I have 2 Debian Linux 6.0.4 servers that have a strange behaviour: after 5-7-10 days they hang. By this I mean the servers need to be restarted and before that ping won't answer.
I've been struggling with this problem for a couple of months now and here's some thoughts/what I tried without being able to solve the problem.
- I changed the RAM on a server. Being 2 different servers I doubt that it could be something related to hardware as a 3rd identical server won't have this problem.
- I logged the server load and when it crashes the load is fine (quite low)
- I cannot find anything in the server logs, logs are fine till the server freezes.
- I don't have access to console unfortunately.

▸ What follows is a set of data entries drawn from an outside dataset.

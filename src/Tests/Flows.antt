-- ===== src/Tests/Flows.antt =====
-- The theorems on transfers, fees, the KYC desk and seizure, run on the sample chain.
use token_22_cts.Prelude.{ℕ, ◌≡◌, ◌≢◌, ◌↔◌, refl, Option, some, [], ◌∷◌, bytes_eq}
use token_22_cts.Error.{Error, ok, transaction, token_error}
use token_22_cts.Solana.{instruction_error, InstructionError}
use token_22_cts.Cluster.Recorded.{Log, recorded}
use token_22_cts.State.{
  fetch, decode_account, decode_mint, decode_default_state, load_account, load_mint,
  require_transfer_fee,
}
use token_22_cts.Error.Codes.{FailedWith, token_error_iff}
use token_22_cts.Transfer.{FeeTransfer, expected_fee, transfer_with_fee, collect_fees}
use token_22_cts.Transfer.Flows.{
  SendsTransfer, CollectsOrNot, transfer_with_fee-sends, collect_fees-CollectsOrNot,
}
use token_22_cts.Kyc.{ExtensionType-discrete, contains, approve_kyc, revoke_kyc}
use token_22_cts.Kyc.Desk.{revoke_kyc-approve_kyc}
use token_22_cts.Kyc.Gate.{Approves, Revokes, approve_kyc-gate, revoke_kyc-gate}
use token_22_cts.Compliance.{seize, send_refreezing}
use token_22_cts.Compliance.Seizure.{Seized, seize-Seized}
use token_22_cts.Compliance.Bundle.{SendsSeizure, seize-sends}
use token_22_cts.Tests.Sample.{Chain, at, key, coin_at, toy, start}
use token_22_cts.Tests.Toy.{cluster, ledger}

abbrev quoted : FeeTransfer
quoted = record { amount = 4_000; fee = 40; epoch = 4 }

-- A transfer from the second account to the third.
abbrev after_transfer : Chain
unfolding transfer_with_fee
after_transfer = (transfer_with_fee toy cluster (at 2) (at 3) (key 40) 4_000 start).1

transferred :
    transfer_with_fee toy cluster (at 2) (at 3) (key 40) 4_000 start ≡ (ok quoted, after_transfer)
unfolding transfer_with_fee load_account load_mint fetch decode_account decode_mint
    decode_default_state expected_fee require_transfer_fee bytes_eq
transferred = refl

abbrev log_start : Chain × Log
log_start = (start, [])

transfer_with_fee-sends_example :
    SendsTransfer toy cluster log_start
      (at 2)
      (at 3)
      (key 40)
      4_000
      (transfer_with_fee toy (recorded cluster) (at 2) (at 3) (key 40) 4_000 log_start)
transfer_with_fee-sends_example =
    transfer_with_fee-sends toy cluster log_start (at 2) (at 3) (key 40) 4_000

collect_fees-CollectsOrNot_example :
    CollectsOrNot toy cluster log_start coin_at
      (at 2 ∷ [])
      (at 3)
      (key 41)
      (collect_fees toy (recorded cluster) coin_at (at 2 ∷ []) (at 3) (key 41) log_start)
collect_fees-CollectsOrNot_example =
    collect_fees-CollectsOrNot toy cluster log_start coin_at (at 2 ∷ []) (at 3) (key 41)

-- The desk approves the first account, and then revokes it again.
abbrev after_approval : Chain
unfolding approve_kyc
after_approval = (approve_kyc toy cluster (at 1) (key 21) start).1

approved : approve_kyc toy cluster (at 1) (key 21) start ≡ (ok tt, after_approval)
unfolding approve_kyc contains load_account fetch decode_account bytes_eq ExtensionType-discrete
approved = refl

abbrev after_revocation : Chain
unfolding revoke_kyc
after_revocation = (revoke_kyc toy cluster (at 1) (key 21) after_approval).1

revoked : revoke_kyc toy cluster (at 1) (key 21) after_approval ≡ (ok tt, after_revocation)
unfolding revoke_kyc approve_kyc contains load_account fetch decode_account bytes_eq
    ExtensionType-discrete
revoked = refl

revoke_kyc-approve_kyc_example :
    load_account toy cluster (at 1) after_revocation ≡ load_account toy cluster (at 1) start
revoke_kyc-approve_kyc_example =
    revoke_kyc-approve_kyc ledger (at 1) (key 21) start after_approval after_revocation approved
      revoked

approve_kyc-gate_example :
    Approves toy cluster
      (at 1)
      (key 21)
      log_start
      (approve_kyc toy (recorded cluster) (at 1) (key 21) log_start)
approve_kyc-gate_example = approve_kyc-gate toy cluster (at 1) (key 21) log_start

revoke_kyc-gate_example :
    Revokes toy cluster
      (at 2)
      (key 21)
      log_start
      (revoke_kyc toy (recorded cluster) (at 2) (key 21) log_start)
revoke_kyc-gate_example = revoke_kyc-gate toy cluster (at 2) (key 21) log_start

-- A seizure of 4,000 from the frozen account.
abbrev after_seizure : Chain
unfolding seize
after_seizure = (seize toy cluster (at 1) (at 3) (key 21) (key 22) 4_000 start).1

seized : seize toy cluster (at 1) (at 3) (key 21) (key 22) 4_000 start ≡ (ok quoted, after_seizure)
unfolding seize send_refreezing load_account load_mint fetch decode_account decode_mint
    decode_default_state expected_fee require_transfer_fee bytes_eq
seized = refl

apart : at 1 ≢ at 3
apart h = cc

seize-Seized_example : Seized toy cluster (at 1) 4_000 start after_seizure
seize-Seized_example =
    seize-Seized ledger (at 1) (at 3) (key 21) (key 22) 4_000 start after_seizure quoted apart
      seized

seize-sends_example :
    SendsSeizure toy cluster
      (at 1)
      (at 3)
      (key 21)
      (key 22)
      4_000
      log_start
      (seize toy (recorded cluster) (at 1) (at 3) (key 21) (key 22) 4_000 log_start)
seize-sends_example = seize-sends toy cluster (at 1) (at 3) (key 21) (key 22) 4_000 log_start

-- A transaction that failed in its second instruction with the custom code 17.
abbrev failed : Error
failed = transaction (instruction_error 1 (InstructionError.custom 17)) []

abbrev from_u32 : ℕ → Option ℕ
from_u32 n = some n

token_error_iff_example : (token_error from_u32 failed ≡ some 17) ↔ FailedWith from_u32 17 failed
token_error_iff_example = token_error_iff from_u32 failed 17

While I have years of admin experience I have never encountered such an issue and right now I have no idea where else to investigate.
If you have an idea of what I could try in order to fix the problem please share it with me:-)

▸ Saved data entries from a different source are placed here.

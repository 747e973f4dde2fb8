-- ===== src/Tests/Framed.antt =====
-- The sample's chain has the frame that Cluster/Frame asks for, and the KYC desk's runs on it.
use token_22_cts.Prelude.{
  ◌≡◌, ◌≢◌, refl, sym, ap, ◌∙◌, true, false, Bool, Option, none, some, bytes_eq, bytes_eq-eq, inl,
  inr, Bool-cases, arith,
}
use token_22_cts.Solana.{Address}
use token_22_cts.Error.{ok}
use token_22_cts.Cluster.Inversion.{ok-injective}
use token_22_cts.Cluster.Recorded.{is_ok}
use token_22_cts.Cluster.Ledger.{run}
use token_22_cts.Cluster.Frame.{Frame}
use token_22_cts.Token22.{immutable_owner}
use token_22_cts.Kyc.{contains, approve_kyc, revoke_kyc}
use token_22_cts.Kyc.Steps.{approving, revoking, DeskRun, idle, then, Turns, step-Turns}
use token_22_cts.Kyc.Lasting.{Follows, run-Follows, run-locked}
use token_22_cts.State.{AccountSnapshot, fetch, decode_account, load_account}
use token_22_cts.Tests.Sample.{Cell, token, coin, Chain, put, toy, start, at, key}
use token_22_cts.Tests.Toy.{refreeze, landed_or_not, execute, cluster, ledger, shot, ledger-execute}

cells-load :
    (b : Address) (w w' : Chain) (s : AccountSnapshot)
    → w'.cells b ≡ w.cells b
    → load_account toy cluster b w ≡ ok s
    → load_account toy cluster b w' ≡ ok s
unfolding load_account fetch
cells-load b w w' s same h = rw same h

refreeze-keeps :
    (account b : Address) (flag : Bool) (w w' : Chain)
    → refreeze account flag w ≡ some w'
    → b ≢ account
    → w'.cells b ≡ w.cells b
refreeze-keeps account b flag w w' h ne = split (w.cells account) refl
  where
    apart : bytes_eq b account ≡ false
    apart = elim (Bool-cases (bytes_eq b account)) [
      | inl e ↦ absurd (ne (bytes_eq-eq b account e))
      | inr e ↦ e
    ]

    split : (o : Option Cell) → w.cells account ≡ o → w'.cells b ≡ w.cells b
    split none e = absurd (ground arith)
    split (some (coin d)) e = absurd (ground arith)
    split (some (token n old)) e =
        let moved : put account (token n flag) w ≡ w' = ground arith in
        ap (λ (c : Chain). c.cells b) (sym moved) ∙ rw apart

frame : Frame ledger
frame = record {
  send_failed = λ is keys w b s h loaded. unlanded (run execute is w) w b s h loaded;
  thaw_frames = λ account mint authority i w w' b s built ran ne loaded.
      cells-load b w w' s
        (refreeze-keeps account b false w w'
          (ap (λ j. execute j w) (ok-injective built) ∙ sym (ledger-execute i w) ∙ ran) ne)
        loaded;
  freeze_frames = λ account mint authority i w w' b s built ran ne loaded.
      cells-load b w w' s
        (refreeze-keeps account b true w w'
          (ap (λ j. execute j w) (ok-injective built) ∙ sym (ledger-execute i w) ∙ ran) ne)
        loaded;
  update_default_frames = λ mint authority state i w w' b s built ran loaded.
      cells-load b w w' s
        (ap (λ (o : Option Chain). elim o [ none ↦ w.cells b | some c ↦ c.cells b ])
          (sym (ap (λ j. execute j w) (ok-injective built) ∙ sym (ledger-execute i w) ∙ ran)))
        loaded;
}
  where
    unlanded :
        (o : Option Chain) (w : Chain) (b : Address) (s : AccountSnapshot)
        → is_ok (landed_or_not w o).0 ≡ false
        → load_account toy cluster b w ≡ ok s
        → load_account toy cluster b (landed_or_not w o).1 ≡ ok s
    unlanded none w b s h loaded = loaded
    unlanded (some w') w b s h loaded = absurd (ground arith)

-- The desk approves the first account, tries the fourth, which has no fixed owner, and revokes the
-- first again.
abbrev after_one : Chain
after_one = (approve_kyc toy cluster (at 1) (key 21) start).1

abbrev after_two : Chain
after_two = (approve_kyc toy cluster (at 4) (key 21) after_one).1

abbrev after_three : Chain
after_three = (revoke_kyc toy cluster (at 1) (key 21) after_two).1

abbrev day : DeskRun toy cluster start after_three
day =
    then (then (then idle (approving (at 1) (key 21) start)) (approving (at 4) (key 21) after_one))
      (revoking (at 1) (key 21) after_two)

first_loads : load_account toy cluster (at 1) start ≡ ok (shot (at 1) 5_000 true)
unfolding load_account fetch decode_account bytes_eq
first_loads = refl

fourth_loads : load_account toy cluster (at 4) start ≡ ok (shot (at 4) 700 true)
unfolding load_account fetch decode_account bytes_eq
fourth_loads = refl

not_fixed : contains (shot (at 4) 700 true).extensions immutable_owner ≡ false
unfolding contains bytes_eq
not_fixed = refl

step-Turns_example : Turns frame (at 1) (shot (at 1) 5_000 true) after_one
step-Turns_example =
    step-Turns frame (at 1) (shot (at 1) 5_000 true) (approving (at 1) (key 21) start) first_loads

run-Follows_example : Follows frame (at 1) (shot (at 1) 5_000 true) after_three
run-Follows_example = run-Follows frame (at 1) (shot (at 1) 5_000 true) day first_loads

run-locked_example : load_account toy cluster (at 4) after_three ≡ ok (shot (at 4) 700 true)
run-locked_example = run-locked frame (at 4) (shot (at 4) 700 true) day fourth_loads not_fixed refl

Do the servers really hang or are they just unreachable by ping?
Install a monitoring tool such as Munin (or similar) which will show you graphs of not just the CPU load but also memory stats, disk usage, and various other bits and pieces - you can configure it to monitor lots of aspects. Nex time the server hangs, check the graphs for any unusual signs. You will learn to see what a normal graph looks like so anything out of the ordinary is suspicious (although not necessarily wrong).

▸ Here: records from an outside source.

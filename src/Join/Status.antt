-- ===== src/Join/Status.antt =====
-- src/delta/operators/join.cpp: `DetectDeltaStatus`, `DetectFKRelations` and `ComputeSkipBits`. What
-- the source asks of the database (rows pending, rows deleted, rows of the table) and of the catalog
-- (constraints) is a value that the functions here take.
use Prim.Native.Nat.{max}
use openivm.Base.{
  ℕ, suc, ◌+◌, ◌/◌, Bool, true, false, ◌||◌, List, [], ◌∷◌, ◌++◌, Option, none, some, Bytes, ◌==◌,
  leb, bytes_eq, if◌then◌else◌,
}
use openivm.Join.Mask.{bit, set_bit}

-- A referential constraint of a table: another kind, or a foreign key with the name of the table
-- that it refers to and whether this table is the referring side.
pub data Constraint : Type 0 where
  other : Constraint
  foreign_key : Bool → Bytes → Constraint

pub record LeafTable : Type 0 where
  pub name : Bytes
  pub constraints : List Constraint

-- What `DetectDeltaStatus` finds for a leaf: no scan and a constant subtree; no scan otherwise; a
-- scan of a table function; no metadata row; a failed count; or the pending rows, the pending
-- deletes and the rows of the table.
pub data LeafProbe : Type 0 where
  constant_leaf opaque_leaf table_function no_metadata failed_count : LeafProbe
  counts : ℕ → ℕ → ℕ → LeafProbe

-- The probes after which a leaf is taken to have no pending row.
abbrev pub is_empty_probe : LeafProbe → Bool
is_empty_probe constant_leaf = true
is_empty_probe table_function = true
is_empty_probe (counts total _ _) = total == 0
is_empty_probe _ = false

-- The probes after which a leaf is taken to have no pending delete.
abbrev pub is_insert_only_probe : LeafProbe → Bool
is_insert_only_probe constant_leaf = true
is_insert_only_probe table_function = true
is_insert_only_probe (counts total deletes _) = (total == 0) || (deletes == 0)
is_insert_only_probe _ = false

pub record DeltaStatus : Type 0 where
  pub insert_only_mask : ℕ
  pub empty_mask : ℕ
  pub constant_mask : ℕ
  pub tiny_mask : ℕ

mark_constant : ℕ → DeltaStatus → DeltaStatus
mark_constant i s = record s {
  empty_mask = set_bit s.empty_mask i;
  insert_only_mask = set_bit s.insert_only_mask i;
  constant_mask = set_bit s.constant_mask i;
}

mark_counts : ℕ → ℕ → ℕ → ℕ → DeltaStatus → DeltaStatus
mark_counts i total_count delete_count base_count s =
    if total_count == 0
    then record s {
      empty_mask = set_bit s.empty_mask i;
      insert_only_mask = set_bit s.insert_only_mask i;
    }
    else record s {
      tiny_mask =
          if leb total_count (max 8 ((base_count + 19) / 20))
          then set_bit s.tiny_mask i
          else s.tiny_mask;
      insert_only_mask =
          if delete_count == 0 then set_bit s.insert_only_mask i else s.insert_only_mask;
    }

-- One round of the loop.
unfoldable pub mark_leaf : ℕ → LeafProbe → DeltaStatus → DeltaStatus
unfolding mark_constant mark_counts
mark_leaf i constant_leaf s = mark_constant i s
mark_leaf i opaque_leaf s = s
mark_leaf i table_function s = mark_constant i s
mark_leaf i no_metadata s = s
mark_leaf i failed_count s = s
mark_leaf i (counts total_count delete_count base_count) s =
    mark_counts i total_count delete_count base_count s

unfoldable pub detect_from : ℕ → List LeafProbe → DeltaStatus → DeltaStatus
detect_from i [] s = s
detect_from i (p ∷ ps) s = detect_from (suc i) ps (mark_leaf i p s)

abbrev pub no_status : DeltaStatus
no_status = record { insert_only_mask = 0; empty_mask = 0; constant_mask = 0; tiny_mask = 0 }

unfoldable pub detect_delta_status : List LeafProbe → DeltaStatus
unfolding detect_from mark_leaf
detect_delta_status ps = detect_from 0 ps no_status

pub record FkRelation : Type 0 where
  pub fk_leaf : ℕ
  pub pk_leaf : ℕ

-- `table_to_leaf`: a later leaf of the same name replaces an earlier one.
unfoldable pub table_to_leaf : ℕ → List (Option LeafTable) → Bytes → Option ℕ → Option ℕ
table_to_leaf i [] name found = found
table_to_leaf i (none ∷ ts) name found = table_to_leaf (suc i) ts name found
table_to_leaf i (some t ∷ ts) name found =
    table_to_leaf (suc i) ts name (if bytes_eq t.name name then some i else found)

unfoldable pub fk_targets : ℕ → List (Option LeafTable) → List Constraint → List FkRelation
fk_targets i leaves [] = []
fk_targets i leaves (other ∷ cs) = fk_targets i leaves cs
fk_targets i leaves (foreign_key referring table ∷ cs) =
    let rest = fk_targets i leaves cs in
    if referring
    then elim (table_to_leaf 0 leaves table none) [
      | none ↦ rest
      | some pk ↦ record { fk_leaf = i; pk_leaf = pk } ∷ rest
    ]
    else rest

unfoldable pub fk_relations_from :
    ℕ → List (Option LeafTable) → List (Option LeafTable) → List FkRelation
fk_relations_from i leaves [] = []
fk_relations_from i leaves (none ∷ ts) = fk_relations_from (suc i) leaves ts
fk_relations_from i leaves (some t ∷ ts) =
    fk_targets i leaves t.constraints ++ fk_relations_from (suc i) leaves ts

unfoldable pub detect_fk_relations : List (Option LeafTable) → List FkRelation
unfolding fk_relations_from fk_targets table_to_leaf
detect_fk_relations leaves = fk_relations_from 0 leaves leaves

unfoldable pub skip_loop : List FkRelation → ℕ → ℕ → ℕ
skip_loop [] insert_only skip = skip
skip_loop (r ∷ rs) insert_only skip =
    skip_loop rs insert_only (if bit insert_only r.pk_leaf then set_bit skip r.pk_leaf else skip)

unfoldable pub compute_skip_bits : List FkRelation → ℕ → ℕ
unfolding skip_loop
compute_skip_bits rs insert_only = skip_loop rs insert_only 0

Are you sure you are checking all server logs? ie do you have web/mail/ftp/dns/other servers? check all such logs! Don't forget to enable debug logging while troubleshooting.
If the server crashes every week or so it could be something that happens regularly, ie a cron job, or log rotation, stuff like that.
Make sure you get all system emails (root alias). You can even install OSSEC which is a great tool for keeping an eye on the logs and getting emails when things go wrong. But this OSSEC tool is just an automated way of looking at the logs, so nothing magical.
Networking issues? dhcp lease expired?
Please show relevant content of /var/log/messages and/or /var/log/kern.log it's possible the kernel logged some crash reports or something else that could shed some light. When I experienced such unexplained hangs it was due to a bad driver, because logging isn't very verbose I wasn't able to find out the exact driver.
In my case there were soft lockups (kernel: [XXXX] BUG: soft lockup - CPU#X). After some research I found http://bugs.debian.org/cgi-bin/bugreport.cgi?bug=556030 and the last comment provided some insight and a way to make logging more verbose. It's an easy kernel modification but if you don't feel comfortable compiling your own kernel it may not be the best thing to do.
Just updating the kernel or installing a newer version and rebooting may fix the problem.
Quoting:
Apparently the problem was related to some python scripts that caused the server to hang. I don't understand why they hanged the server but at least they don't hang it any more.